The best known performance estimating method is the statement counting approach popularised by Balasundaram et al [1]. The general hypothesis of this approach is that the execution time of a program can be determined by the number and type of operations in the source code, without considering of the order or the context of these operations. Estimating the execution time of a program using this method consists of  three steps:
  1. Determine the execution time of each operation on the target machine. This can be done a-priori and need only be done once for each target machine, operating system and compiler tuple.
  2. Determine the number and type of operations in the program.
  3. Compute the expected execution time of the program on the required target machine by summing the  benchmarked execution times of each operation in the program.
Implementations of this method differ in their definitions of the ``operations'' and the manner in which the number and type of operations in the target program is determined. In general, however, the ``operations'' are all language statements that cannot be reduced to simpler statements, while the number and type of operations in the input program is determined using static code analysis and, in some cases, profiling. Irrespective of the implementation method, results from this approach have shown the method to be largely unreliable for estimating processor execution time of current commodity microprocessors. Although some published results show good accuracy using this method [9] (within 10% of actual execution times), other published results show that performance estimates can be up to an order of magnitude different from the benchmarked execution times ([5], [11]). This discrepancy in results is attributed to both the target hardware and the program code under consideration [3]. As an example of the unreliability of this method consider the benchmark code fragment given in figure 1. The predicted and benchmark results for three different machines are given in figure 2. If the array f is defined as f(i) = i, the estimated execution time is within 25% of the actual execution time on machines. However, if the array f , contains values defined as f(i) = random(1; iterations), the predicted execution time differs by as much as 5 times the benchmarked  result. A further limitation of the statement counting method is that it is unsuitable for estimating the execution time of optimised programs. Compilers perform optimisations on statements by having knowledge of the surrounding statements. In contrast, the statement counting method treats all statements as separate atomic entities.

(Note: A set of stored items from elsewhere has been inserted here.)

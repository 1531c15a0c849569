-- ===== src/Price.antt =====
-- `crates/domain/src/price.rs`: contract terms, price windows and the cheapest window.
pub mod Contract
mod Examples
pub mod Summary
mod Run
pub mod Cheapest
use spot_price.Prelude.{
  ℕ, zero, suc, ◌+◌, ◌-◌, ◌≤◌, Bool, true, false, not, ◌&&◌, ◌||◌, Option, none, some, List, [],
  ◌∷◌, map, ◌==◌, leb, ltb, if◌then◌else◌, length, take, drop, first?, last?,
}
use mathlib.Core.Option
use spot_price.Prelude.Int.{ℤ, pos, ◌-ℤ◌}
use spot_price.Prelude.Text.{Text}
use spot_price.Areas.{Area}
use spot_price.Float.{Double, number}
use spot_price.Jiff.{Instant, Zoned}
use spot_price.Js.{round3, max_zero}
use spot_price.Time.{
  UserTimeZone, local_hour, format_date_time_in_time_zone, truncate_to_millisecond,
}
use spot_price.Settings.{Hour, UserSettings}

infixl 5 ◌>>=◌
abbrev ◌>>=◌ {ℓ κ} : {A : Type ℓ} {B : Type κ} → Option A → (A → Option B) → Option B
none >>= f = none
some a >>= f = f a

-- A delivery interval `[start, end)`, made by `new_period`.
pub record DeliveryPeriod (T : Type 0) : Type 0 where
  pub start : T
  pub end : T

pub record PriceInterval (T F : Type 0) : Type 0 where
  pub period : DeliveryPeriod T
  pub price_eur_mwh : F
  pub area : Area

-- The money breakdown of one interval, in c/kWh.
pub record ContractBreakdown (F : Type 0) : Type 0 where
  pub spot_cents_kwh : F
  pub margin_cents_kwh : F
  pub transfer_cents_kwh : F
  pub tax_cents_kwh : F
  pub vat_cents_kwh : F
  pub total_cents_kwh : F
  pub is_night_rate : Bool

pub record TotalPrice (T F : Type 0) : Type 0 where
  pub period : DeliveryPeriod T
  pub local_start : Text
  pub local_end : Text
  pub breakdown : ContractBreakdown F

-- A list of total prices with its summary.
pub record PriceWindow (T F : Type 0) : Type 0 where
  pub start : T
  pub end : T
  pub start_local : Text
  pub end_local : Text
  pub min_total_cents_kwh : F
  pub max_total_cents_kwh : F
  pub average_total_cents_kwh : F
  pub prices : List (TotalPrice T F)

-- The night window `[start, end)`, which wraps past midnight when its start is later.
unfoldable pub is_night_hour : ℕ → ℕ → ℕ → Bool
is_night_hour hour night_start night_end =
    if ltb night_end night_start
    then leb night_start hour || ltb hour night_end
    else leb night_start hour && ltb hour night_end

module _ {T : Type 0} ⦃i : Instant T⦄ where
  -- `DeliveryPeriod::new`; `none` is `EmptyPeriod`.
  unfoldable pub new_period : T → T → Option (DeliveryPeriod T)
  unfolding truncate_to_millisecond
  new_period from to =
      let start = truncate_to_millisecond from in
      let end = truncate_to_millisecond to in
      if i.lt start end then some (record { start = start; end = end }) else none

module _ {F : Type 0} ⦃d : Double F⦄ where
  open d use {add, mul, div}

  unfoldable pub eur_mwh_to_cents_kwh : F → F
  unfolding round3
  eur_mwh_to_cents_kwh eur_mwh = round3 (div eur_mwh (number 10))

  -- the sum before the value-added tax, and the factor of the tax
  abbrev before_vat : F → F → F → F → F
  before_vat spot margin transfer tax = add (add (add (max_zero spot) margin) transfer) tax

  module _ {Z : Type 0} where
    unfoldable pub apply_contract_terms : F → UserSettings F Z → ℕ → ContractBreakdown F
    unfolding is_night_hour round3 max_zero
    apply_contract_terms spot s hour =
        let night = is_night_hour hour s.night_start_hour.get s.night_end_hour.get in
        let transfer = if night then s.transfer_night_cents_kwh else s.transfer_day_cents_kwh in
        let sum = before_vat spot s.margin_cents_kwh transfer s.tax_cents_kwh in
        let rate = div s.vat_percent (number 100) in
        record {
          spot_cents_kwh = spot;
          margin_cents_kwh = s.margin_cents_kwh;
          transfer_cents_kwh = transfer;
          tax_cents_kwh = s.tax_cents_kwh;
          vat_cents_kwh = round3 (mul sum rate);
          total_cents_kwh = round3 (mul sum (add (number 1) rate));
          is_night_rate = night;
        }

module _ {T F Z : Type 0} ⦃d : Double F⦄ ⦃z : Zoned T Z⦄ where
  unfoldable pub calculate_total_price : PriceInterval T F → UserSettings F Z → TotalPrice T F
  unfolding eur_mwh_to_cents_kwh local_hour format_date_time_in_time_zone apply_contract_terms
  calculate_total_price price s =
      let zone = s.timezone.zone in
      let spot = eur_mwh_to_cents_kwh price.price_eur_mwh in
      let hour = local_hour price.period.start zone in
      record {
        period = price.period;
        local_start = format_date_time_in_time_zone price.period.start zone;
        local_end = format_date_time_in_time_zone price.period.end zone;
        breakdown = apply_contract_terms spot s hour;
      }

  unfoldable pub calculate_total_prices :
      List (PriceInterval T F) → UserSettings F Z → List (TotalPrice T F)
  unfolding calculate_total_price
  calculate_total_prices prices s = map (λ price. calculate_total_price price s) prices

-- The variables of the loop of `build_price_window`.
record Sums (F : Type 0) : Type 0 where
  weighted_sum : F
  total_minutes : F
  min : F
  max : F

-- The best average so far of `find_cheapest_window`, with the bounds of its window.
abbrev Best : Type 0 → Type 0
Best F = F × Option (ℕ × ℕ)

module _ {F : Type 0} ⦃d : Double F⦄ where
  open d use {div, lt}

  abbrev no_sums : Sums F
  no_sums = record {
    weighted_sum = number 0;
    total_minutes = number 0;
    min = d.infinity;
    max = d.neg_infinity;
  }

  abbrev average_of : Sums F → F
  average_of s =
      if lt (number 0) s.total_minutes then div s.weighted_sum s.total_minutes else number 0

  abbrev improve : Best F → ℕ → Option (ℕ × F) → Best F
  improve best start none = best
  improve best start (some (count, average)) =
      if lt average best.0 then (average, some (start, start + count)) else best

module _ {T F : Type 0} ⦃i : Instant T⦄ ⦃d : Double F⦄ where
  open i use {as_millisecond}
  open d use {lit, add, mul, div, lt, le}

  -- The length in minutes.
  unfoldable pub minutes : DeliveryPeriod T → F
  minutes period =
      div (lit (as_millisecond period.end -ℤ as_millisecond period.start)) (number 60_000)

  abbrev pub total_of : TotalPrice T F → F
  total_of entry = entry.breakdown.total_cents_kwh

  add_entry : Sums F → TotalPrice T F → Sums F
  unfolding minutes
  add_entry s entry =
      let total = total_of entry in
      let length' = minutes entry.period in
      record {
        weighted_sum = add s.weighted_sum (mul total length');
        total_minutes = add s.total_minutes length';
        min = if lt total s.min then total else s.min;
        max = if lt s.max total then total else s.max;
      }

  sum_entries : Sums F → List (TotalPrice T F) → Sums F
  unfolding add_entry
  sum_entries s [] = s
  sum_entries s (entry ∷ entries) = sum_entries (add_entry s entry) entries

  unfoldable pub build_price_window : List (TotalPrice T F) → Option (PriceWindow T F)
  unfolding sum_entries round3
  build_price_window prices = do
    first ← first? prices
    last ← last? prices
    let s = sum_entries no_sums prices
    some (record {
      start = first.period.start;
      end = last.period.end;
      start_local = first.local_start;
      end_local = last.local_end;
      min_total_cents_kwh = round3 s.min;
      max_total_cents_kwh = round3 s.max;
      average_total_cents_kwh = round3 (average_of s);
      prices = prices;
    })

  -- Whether an interval starts where the one before it ended.
  abbrev follows : Option T → TotalPrice T F → Bool
  follows none entry = true
  follows (some end) entry = i.eq entry.period.start end

  -- The inner loop, over the entries from the start index on: how many it takes and their average.
  pub run : F → F → F → Option T → List (TotalPrice T F) → Option (ℕ × F)
  unfolding minutes
  run duration accumulated weighted previous_end [] = none
  run duration accumulated weighted previous_end (entry ∷ entries) =
      let length' = minutes entry.period in
      let accumulated' = add accumulated length' in
      let weighted' = add weighted (mul (total_of entry) length') in
      let rest = run duration accumulated' weighted' (some entry.period.end) entries in
      if not (follows previous_end entry)
      then none
      else if le duration accumulated'
      then some (1, div weighted' accumulated')
      else Option.map (λ r. (r.0 + 1, r.1)) rest

  -- The outer loop, over the start indexes.
  unfoldable pub scan : F → Best F → ℕ → List (TotalPrice T F) → Best F
  unfolding run
  scan duration best start [] = best
  scan duration best start (entry ∷ entries) =
      let found = run duration (number 0) (number 0) none (entry ∷ entries) in
      scan duration (improve best start found) (start + 1) entries

  -- `slice::get(start..end)`.
  abbrev slice? : ℕ → ℕ → List (TotalPrice T F) → Option (List (TotalPrice T F))
  slice? start end prices =
      if leb start end && leb end (length prices)
      then some (take (end - start) (drop start prices))
      else none

  unfoldable pub find_cheapest_window : List (TotalPrice T F) → ℕ → Option (PriceWindow T F)
  find_cheapest_window [] duration = none
  find_cheapest_window (entry ∷ entries) duration =
      let prices = entry ∷ entries in
      let found = scan (number duration) (d.infinity, none) 0 prices in
      if duration == 0
      then none
      else do best ← found.1; window ← slice? best.0 best.1 prices; build_price_window window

Given the importance of data locality in current microprocessor architectures, performance estimating methods are being developed which attempt to quantify the amount of time spent moving data within the memory hierarchy. Fahringer [4] developed a method of statically estimating the number of times a cache line would have to be replaced in a single-level, direct-mapped, cache for a given loop. Although this gave some indication of performance, the approximations were gross, and were unsuitable for converting to execution time. A more reliable method for computing the number of cache capacity and conflict misses was developed by Teman et al [12]. This method is, however, restricted to single-level, direct-mapped caches and has not been implemented in an automatic tool. 

Figure 2: Estimated vs Actual execution times for direct and indirect addressing on a Meiko CS2, Intel iPSC 860 and IBM SP1

3 The Simulation Solution and PERFORM

Program simulation is an alternative method for predicting program execution time, but has been generally dismissed on the grounds of being too machine specific, extremely slow and memory intensive. This is certainly a relevant argument against using instruction-level simulation and trace-driven simulation. The most recent form of simulation, execution-driven simulation, lessens these problems by interleaving the execution of the input program and the simulation of the architecture. A preprocessor parses either the assembly language or source code of the program requiring simulation. This code is modified to extract information during program execution; hence the term execution-driven simulation. The main advantage of this form of simulation is that event generation and simulation are coupled so that feedback can occur. This feedback can be used to alter the ordering, timing and number of subsequently generated events.

PERFORM, is a performance estimating system we have developed based on the principle of execution-driven simulation, but avoiding the traditional simulation problems of generality, speed and memory use. The manner in which this has been done is outlined below:

Figure 3: Stages in constructing the fast simulation method

Obtaining a performance estimate using this method can be seen as a two stage process of analysis and augmentation, followed by execution. The analysis phase consists of program slicing, while the annotation phase consists of annotating the sliced code with simulator calls, and inserting the feedback loop mechanism.

4 Program Slicing within PERFORM

A program slice is a fragment of a program in which some statements are omitted that are unnecessary to understand a certain property of the program. For example, if someone is only interested in how the value of AR2 is computed in the program shown in figure 4, they only need consider the program slice given in figure 5.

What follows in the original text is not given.